Dr Ifeanyi Casmir, an Associate professor in the department of Veterinary Medicine University of Abuja, noted that Biosafety as a term speaks to actions and policies in place to protect nations from harmful practices.

“He noted a lack of synergy between the biosafety regulators and other agencies such as NAFDAC and Ministry of Health who regulate food system and asserted that because of this “Biosafety and food systems have become a concern with regard to public health in Nigeria.
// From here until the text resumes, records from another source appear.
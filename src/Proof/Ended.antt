-- ===== src/Proof/Ended.antt =====
-- How a dump (gb_nl_dump_action of src/nl.c) comes to its end.
use gatebench.Base.{
  ℕ, ◌<◌, ◌≡◌, refl, Bool, true, false, ◌&&◌, Option, none, some, List, [], ◌∷◌, ℤ, pos, neg,
  is_neg, ◌==◌, ◌==ℤ◌, zero, suc, ◌*◌, ◌∙◌, ltb, if◌then◌else◌, Bool-cases, Option-cases, inl, inr,
  ◌⊎◌, All, arith,
}
use gatebench.Mnl.{Mnl}
use gatebench.Gate.Numbers.{rtm_getaction, tca_root_count}
use gatebench.Gate.Parse.{Table, no_attrs}
use gatebench.Nl.{
  NlSock, Arrived, Event, poll_failed, timed_out, recv_failed, datagram, Sending, send_failed, sent,
  nlmsg_error, nlmsg_done, parse_error,
}
use gatebench.Nl.Dump.{
  GbDumpStats, no_stats, nl_attr_cb_copy, count_actions, dump_message, dump_datagram, dump_events,
}
use gatebench.Nl.Exchange.{Message, World, after_send, gb_nl_dump_action}

-- A call that fails sets errno.
abbrev pub SetsErrno : {Buf : Type 0} → Event Buf → Type 0
SetsErrno (poll_failed e) = 0 < e
SetsErrno timed_out = Unit
SetsErrno (recv_failed e) = 0 < e
SetsErrno (datagram hs) = Unit

abbrev pub SendSetsErrno : Sending → Type 0
SendSetsErrno (send_failed e) = 0 < e
SendSetsErrno (sent n) = Unit

abbrev pub IsPlain : {Buf : Type 0} → World Buf → Type 0
IsPlain x = SendSetsErrno x.sending × All SetsErrno x.events

pub neg-is_neg : (e : ℕ) → 0 < e → is_neg (neg e) ≡ true
neg-is_neg zero h = absurd (omega arith)
neg-is_neg (suc e) h = refl

-- NLMSG_DONE and no error, or an error that is not 0.
abbrev pub IsEnded : GbDumpStats → Type 0
IsEnded s =
    ((s.saw_done ≡ true) × (s.saw_error ≡ false))
    ⊎ ((s.saw_error ≡ true) × ((s.error_code ==ℤ pos 0) ≡ false))

abbrev GoesOn : Bool × GbDumpStats → Type 0
GoesOn (true, s) = IsEnded s
GoesOn (false, s) = s.saw_error ≡ false

-- A negative code with no error seen, or the end of the dump.
abbrev pub Comes : Option (ℤ × GbDumpStats) → Type 0
Comes none = Unit
Comes (some (ret, s)) = ((is_neg ret ≡ true) × (s.saw_error ≡ false)) ⊎ IsEnded s

module _ (m : Mnl) where
  count_actions-saw_error :
      (h : Arrived m.Buf) (s : GbDumpStats) → (count_actions m h s).saw_error ≡ s.saw_error
  unfolding count_actions
  count_actions-saw_error h s =
      let r = m.attr_parse Table h.message 4 (nl_attr_cb_copy m) no_attrs in
      elim (Bool-cases (r.0 ==ℤ pos 0)) [
        | inl e ↦ elim (Option-cases (r.1 tca_root_count)) [
          | inl n ↦ rw (count_actions, e) (rw n refl)
          | inr (a, n) ↦ rw (count_actions, e) (rw n refl)
        ]
        | inr e ↦ rw (count_actions, e) refl
      ]

  dump_message-GoesOn :
      (seq : ℕ) (h : Arrived m.Buf) (s : GbDumpStats)
      → s.saw_error ≡ false
      → GoesOn (dump_message m seq h s)
  unfolding dump_message
  dump_message-GoesOn seq h s quiet = elim (Bool-cases (h.nlmsg_seq == seq)) [
    | inr e ↦ rw (dump_message, e) quiet
    | inl e ↦ elim (Bool-cases (h.nlmsg_type == nlmsg_error)) [
      | inl t ↦ elim (Bool-cases (parse_error h ==ℤ pos 0)) [
        | inl z ↦ rw (dump_message, e, t, z) quiet
        | inr z ↦ rw (dump_message, e, t, z) (inr (refl, z))
      ]
      | inr t ↦ elim (Bool-cases (h.nlmsg_type == nlmsg_done)) [
        | inl d ↦ rw (dump_message, e, t, d) (inl (refl, quiet))
        | inr d ↦ elim (Bool-cases (h.nlmsg_type == rtm_getaction)) [
          | inl g ↦ rw (dump_message, e, t, d, g) (count_actions-saw_error h s ∙ quiet)
          | inr g ↦ rw (dump_message, e, t, d, g) quiet
        ]
      ]
    ]
  ]

  dump_datagram-GoesOn :
      (seq : ℕ) (hs : List (Arrived m.Buf)) (s : GbDumpStats)
      → s.saw_error ≡ false
      → GoesOn (dump_datagram m seq hs s)
  unfolding dump_datagram
  dump_datagram-GoesOn seq [] s quiet = quiet
  dump_datagram-GoesOn seq (h ∷ hs) s quiet =
      behind (dump_message m seq h s) (dump_message-GoesOn seq h s quiet)
        (λ s' q. dump_datagram-GoesOn seq hs s' q)
    where
      behind :
          (r : Bool × GbDumpStats)
          → GoesOn r
          → ((s' : GbDumpStats) → s'.saw_error ≡ false → GoesOn (dump_datagram m seq hs s'))
          → GoesOn (if r.0 then (true, r.1) else dump_datagram m seq hs r.1)
      behind (true, s') g k = g
      behind (false, s') g k = k s' g

  dump_events-Comes :
      (seq : ℕ) (events : List (Event m.Buf)) (s : GbDumpStats)
      → All SetsErrno events
      → s.saw_error ≡ false
      → Comes (dump_events m seq events s)
  unfolding dump_events
  dump_events-Comes seq [] s h quiet = tt
  dump_events-Comes seq (poll_failed e ∷ events) s h quiet = inl (neg-is_neg e h.0, quiet)
  dump_events-Comes seq (timed_out ∷ events) s h quiet = inl (refl, quiet)
  dump_events-Comes seq (recv_failed e ∷ events) s h quiet = inl (neg-is_neg e h.0, quiet)
  dump_events-Comes seq (datagram hs ∷ events) s h quiet =
      behind (dump_datagram m seq hs s) (dump_datagram-GoesOn seq hs s quiet)
        (λ s' q. dump_events-Comes seq events s' h.1 q)
    where
      behind :
          (r : Bool × GbDumpStats)
          → GoesOn r
          → ((s' : GbDumpStats) → s'.saw_error ≡ false → Comes (dump_events m seq events s'))
          → Comes (if r.0 then some (pos 0, r.1) else dump_events m seq events r.1)
      behind (true, s') g k = inr g
      behind (false, s') g k = k s' g

  -- The same of the whole call.
  abbrev pub ActionComes : Option (ℤ × Option GbDumpStats) → Type 0
  ActionComes none = Unit
  ActionComes (some (ret, none)) = ⊥
  ActionComes (some (ret, some s)) = Comes (some (ret, s))

  pub gb_nl_dump_action-Comes :
      (malloc : ℕ → Bool) (s : NlSock) (msg : Message m.Buf) (old : GbDumpStats) (x : World m.Buf)
      → IsPlain x
      → ActionComes (gb_nl_dump_action m malloc (some s) (some msg) (some old) x).result
  unfolding gb_nl_dump_action
  gb_nl_dump_action-Comes malloc s msg old x h = elim (Bool-cases (ltb msg.cap msg.len)) [
    | inl e ↦ rw (gb_nl_dump_action, e) (inl (refl, refl))
    | inr e ↦ elim (Bool-cases (malloc 24 && malloc (1024 * 1024))) [
      | inr n ↦ rw (gb_nl_dump_action, e, n) (inl (refl, refl))
      | inl n ↦ rw (gb_nl_dump_action, e, n) (goes x.sending h.0)
    ]
  ]
    where
      events :
          (o : Option (ℤ × GbDumpStats))
          → Comes o
          → ActionComes (elim o [ none ↦ none | some r ↦ some (r.0, some r.1) ])
      events none c = tt
      events (some (ret, st)) c = c

      goes :
          (sending : Sending)
          → SendSetsErrno sending
          → ActionComes (
              after_send m sending msg.len
                (λ e. some (neg e, some no_stats))
                (elim (dump_events m s.seq x.events no_stats) [
                  | none ↦ none
                  | some r ↦ some (r.0, some r.1)
                ]))
      goes (send_failed e) k = inl (neg-is_neg e k, refl)
      goes (sent n) k = elim (Bool-cases (n == msg.len)) [
        | inl q ↦ rw (after_send, q) (events _ (dump_events-Comes s.seq x.events no_stats h.1 refl))
        | inr q ↦ rw (after_send, q) (inl (refl, refl))
      ]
“What causes the concern and debate is the lack of appropriate coordination, people are now wary of what they eat. Biosafety agency
should be ready to take up issues which are working against the wellbeing of the people.

“Biosafety laws shouldn’t be merely to approve
things whose risk assessments have not been transparently examined and which can work against humans.”

The session exposed participants to the fact that technology is good and the best
technologies are developed to meet the needs of the people. And that technologies are not only about things which are developed in the laboratories as represented by GMOs, gene drives and synthetic biology.

The School of Ecology was rounded up with a demand that government should enforce the precautionary principle which is the bedrock of
biosafety regulation.

A call was also made for a moratorium on the release of GMOs and adoption of other emerging technologies that poses threats to our environment and food systems.

A demand for more public investment in research to ensure independent and unbiased assessments to confirm the safety of the technologies was made.

The School of Ecology also asked for support and empowerment for small holder farmer/local systems as they are the backbone to
food security.

The School of Ecology concluded that to address the climate and food crises their root causes must be addressed; and as a way forward, we must take on solutions which work with nature instead of against it and promote systems that support the livelihoods of millions of people depending on them.

Agroecology was consequently recommended as a viable solution to both the climate and food crises.